Judiciary Chair Arlen Spector (R–Pa) has warned that both parties
have allowed the battle over federal appellate judgeships to escalate
to a dangerous point where neither is willing to back down. For example,
after Democratic filibusters, Bush responded by making unprecedented recess
appointments to appellate courts for terms that lasted only through the
last Congress of several candidates unable to gain confirmation.
Sixty votes are needed to overcome a filibuster. Senate Majority Leader
Bill Frist (R–Tenn.) has threatened if Democrats continue to reject
these nominees to ask the Vice-President to rule filibusters of judicial
nominees unconstitutional, a ruling that could be sustained by a majority
vote. Robert Byrd (D–W.Va.) has pointed out that such an action
would counter a historically recognized inherent attribute of the Senate
permitting unlimited debate. Getting enough votes is problematic since
many senators recognize the danger of such a precedent being turned on
them when majority control changes. If carried out, Frist’s threat
is likely to throw the Senate into complete disarray resulting in delaying
tactics impacting all its business. The stakes are high.
• Justice Department to Appeal Third Circuit Holding That
Universities Can Bar Military Recruiters Because of Military Discrimination
Against Gays. Supported by a nonbinding House Resolution (adopted
327–84) requesting the appeal, Justice will ask the Court to reverse
the 2–1 ruling that schools may still receive federal funds while
barring military recruiters from campus despite 1995 legislation (the
Solomon Amendment) requiring schools to provide access to recruiters as
a condition of receipt of federal funds. The Third Circuit relied on a
Supreme Court decision allowing the Boy Scouts to exclude gay scoutmasters.

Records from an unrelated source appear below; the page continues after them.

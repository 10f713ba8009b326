-- ===== src/Bruno/Variables.antt =====
-- internal/brunogen/generator.go: the variables of a URL and its parameters.
use mathlib.Core.List.{reverse-cons}
use grabarr.Common.{
  ℕ, ◌≡◌, refl, sym, ap, ◌∙◌, false, ◌==◌, none, some, List, [], ◌∷◌, ◌++◌, map, reverse,
  append-nil, append_assoc, any-All, All, Text, codes, arith,
}
use grabarr.Bruno.Patterns.{Piece, byte, group, outside, inside, var_pieces, replace_all}
use grabarr.Bruno.Routes.{extract_path_params}
use grabarr.Bruno.Endpoint.{placeholder, protect, restore, replace_params, param_name, bruno_url}
use grabarr.Bruno.Urls.{
  Segment, plain_text, parameter, path_of, names_of, shown, is_brace, HasNoBrace, IsSegment,
  inner_text-HasNoBrace, param_pieces-plain, param_pieces-path, pieces_of, replace_all-plain,
  shown-pieces, extract_path_params-path_of,
}

-- Variables: no piece of a path is one, since two braces never follow each other.
var_pieces-plain :
    (t s : Text) → HasNoBrace t → var_pieces outside (t ++ s) ≡ map byte t ++ var_pieces outside s
unfolding var_pieces
var_pieces-plain [] s h = refl
var_pieces-plain (c ∷ t) s (p, h) =
    let e : (c == b'{') ≡ false = ground (arith, p) in
    rw e (ap (◌∷◌ (byte c)) (var_pieces-plain t s h))

map-append : (s t : Text) → map byte (s ++ t) ≡ map byte s ++ map byte t
map-append [] t = refl
map-append (c ∷ s) t = ap (◌∷◌ (byte c)) (map-append s t)

var_pieces-parameter :
    (c : ℕ) (t s : Text)
    → HasNoBrace (c ∷ t)
    → var_pieces outside (b'{' ∷ (c ∷ (t ++ (b'}' ∷ s))))
      ≡ byte b'{' ∷ byte c ∷ (map byte t ++ byte b'}' ∷ var_pieces outside s)
unfolding var_pieces
var_pieces-parameter c t s (p, h) =
    let e : (c == b'{') ≡ false = ground (arith, p) in
    rw e (ap (λ x. byte b'{' ∷ byte c ∷ x) (var_pieces-plain t (b'}' ∷ s) h))

var_pieces-braced :
    (c : ℕ) (t s : Text)
    → HasNoBrace (c ∷ t)
    → var_pieces outside s ≡ map byte s
    → var_pieces outside (b'{' ∷ (c ∷ (t ++ (b'}' ∷ s))))
      ≡ map byte (b'{' ∷ (c ∷ (t ++ (b'}' ∷ s))))
var_pieces-braced c t s h e =
    var_pieces-parameter c t s h
    ∙ ap (λ x. byte b'{' ∷ byte c ∷ (map byte t ++ byte b'}' ∷ x)) e
    ∙ ap (λ x. byte b'{' ∷ byte c ∷ x) (sym (map-append t (b'}' ∷ s)))

var_pieces-path :
    (segs : List Segment)
    → All IsSegment segs
    → var_pieces outside (path_of segs) ≡ map byte (path_of segs)
unfolding var_pieces
var_pieces-path [] h = refl
var_pieces-path (plain_text t ∷ segs) (p, h) =
    var_pieces-plain t (path_of segs) p
    ∙ ap (λ x. map byte t ++ x) (var_pieces-path segs h)
    ∙ sym (map-append t (path_of segs))
var_pieces-path (parameter [] pattern ∷ segs) (p, h) = absurd (ground (arith, p))
var_pieces-path (parameter (c ∷ name) none ∷ segs) (p, h) =
    var_pieces-braced c name (path_of segs) p.0 (var_pieces-path segs h)
var_pieces-path (parameter (c ∷ name) (some pattern) ∷ segs) (p, h) =
    var_pieces-braced c (name ++ (b':' ∷ pattern)) (path_of segs)
      (inner_text-HasNoBrace (c ∷ name) (some pattern) p.0 p.2) (var_pieces-path segs h)

-- A variable, at the start of a text.
var_pieces-inside :
    (d : ℕ) (inner t s : Text)
    → HasNoBrace t
    → var_pieces (inside (d ∷ inner)) (t ++ (b'}' ∷ b'}' ∷ s))
      ≡ group (reverse (d ∷ inner) ++ t) ∷ var_pieces outside s
unfolding var_pieces
var_pieces-inside d inner [] s h = rw (append-nil (reverse (d ∷ inner))) refl
var_pieces-inside d inner (c ∷ t) s (p, h) =
    let e : (c == b'}') ≡ false = ground (arith, p) in
    rw e (
      var_pieces-inside c (d ∷ inner) t s h
      ∙ ap (λ x. group x ∷ var_pieces outside s)
          (ap (λ x. x ++ t) (reverse-cons c (d ∷ inner))
            ∙ append_assoc (reverse (d ∷ inner)) (c ∷ []) t))

abbrev pub variable : Text → Text
variable name = codes "{{" ++ name ++ codes "}}"

var_pieces-variable :
    (c : ℕ) (t s : Text)
    → HasNoBrace (c ∷ t)
    → var_pieces outside (b'{' ∷ b'{' ∷ c ∷ (t ++ (b'}' ∷ b'}' ∷ s)))
      ≡ group (c ∷ t) ∷ var_pieces outside s
unfolding var_pieces
var_pieces-variable c t s (p, h) =
    let e : (c == b'}') ≡ false = ground (arith, p) in rw e (var_pieces-inside c [] t s h)

protect-plain : (n : ℕ) (t : Text) → protect n (map byte t) ≡ (t, [])
unfolding protect
protect-plain n [] = refl
protect-plain n (c ∷ t) = rw (protect-plain n t) refl

replace_params-path :
    (t : Text) (segs : List Segment)
    → HasNoBrace t
    → All IsSegment segs
    → replace_params (t ++ path_of segs) ≡ t ++ shown segs
replace_params-path t segs p h =
    let f : Text → Text = λ inner. codes ":" ++ param_name inner in
    ap (replace_all f)
      (param_pieces-plain t (path_of segs) p ∙ ap (λ x. map byte t ++ x) (param_pieces-path segs h))
    ∙ replace_all-plain f t (pieces_of segs)
    ∙ ap (λ x. t ++ x) (shown-pieces segs h)

-- What is done with the pieces of a URL.
abbrev url_of : List Piece → Text
url_of pieces = let (url, vars) = protect 0 pieces in restore 0 vars (replace_params url)

url_of-variable :
    (name : Text) (segs : List Segment)
    → All IsSegment segs
    → url_of (group name ∷ map byte (codes "/api/v1" ++ path_of segs))
      ≡ variable name ++ (codes "/api/v1" ++ shown segs)
unfolding protect restore
url_of-variable name segs h =
    let rest : Text = codes "/api/v1" ++ path_of segs in
    ap
      (λ (x : Text × List Text).
        restore 0 (variable name ∷ x.1) (replace_params (placeholder 0 ++ x.0)))
      (protect-plain 1 rest)
    ∙ ap (restore 0 (variable name ∷ [])) (
        replace_params-path (placeholder 0 ++ codes "/api/v1") segs
          (any-All is_brace (placeholder 0 ++ codes "/api/v1") refl) h)

var_pieces-url :
    (c : ℕ) (name : Text) (segs : List Segment)
    → HasNoBrace (c ∷ name)
    → All IsSegment segs
    → var_pieces outside (variable (c ∷ name) ++ (codes "/api/v1" ++ path_of segs))
      ≡ group (c ∷ name) ∷ map byte (codes "/api/v1" ++ path_of segs)
var_pieces-url c name segs p h =
    let rest : Text = codes "/api/v1" ++ path_of segs in
    ap (λ x. var_pieces outside (b'{' ∷ b'{' ∷ c ∷ x)) (append_assoc name (codes "}}") rest)
    ∙ var_pieces-variable c name rest p
    ∙ ap (λ x. group (c ∷ name) ∷ x)
        (var_pieces-plain (codes "/api/v1") (path_of segs) (any-All is_brace (codes "/api/v1") refl)
          ∙ ap (λ x. map byte (codes "/api/v1") ++ x) (var_pieces-path segs h))

-- A URL below a variable keeps it, and has the parameters of a path of such pieces as `:name`; the
-- route's list of parameters has the same names.
pub bruno_url-path_of :
    (c : ℕ) (name : Text) (segs : List Segment)
    → HasNoBrace (c ∷ name)
    → All IsSegment segs
    → (bruno_url (variable (c ∷ name)) (path_of segs)
        ≡ variable (c ∷ name) ++ (codes "/api/v1" ++ shown segs))
      × (extract_path_params (path_of segs) ≡ names_of segs)
unfolding bruno_url
bruno_url-path_of c name segs p h = (
  ap url_of (var_pieces-url c name segs p h) ∙ url_of-variable (c ∷ name) segs h,
  extract_path_params-path_of segs h,
)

• D.C. Circuit Restricts District Court Order That Interior
Department Provide a Historical Accounting of Indian Trust Funds.
While earlier sustaining Judge Lamberth’s finding that Interior
officials had breached their duty to oversee accounts of 300,000 Indians
because of mismanaged oil, gas, timber, and grazing royalties and his
power to fashion an equitable remedy, the D.C. Circuit found his order
unacceptable that Interior perform a historical accounting rather than
use less expensive statistical sampling to determine how much is owed
Indian account holders. The appeals court said -“the [district]
court has sought to make the law conform to the court’s view as
to how the trusts may best be run.” Noting that Congress had inserted
language in Interior budget legislation that Congress must be consulted
on the scope of the accounting required, the appeals court determined
this “appears to give Interior temporary relief from any common
law or statutory duty to engage in historical accounting.”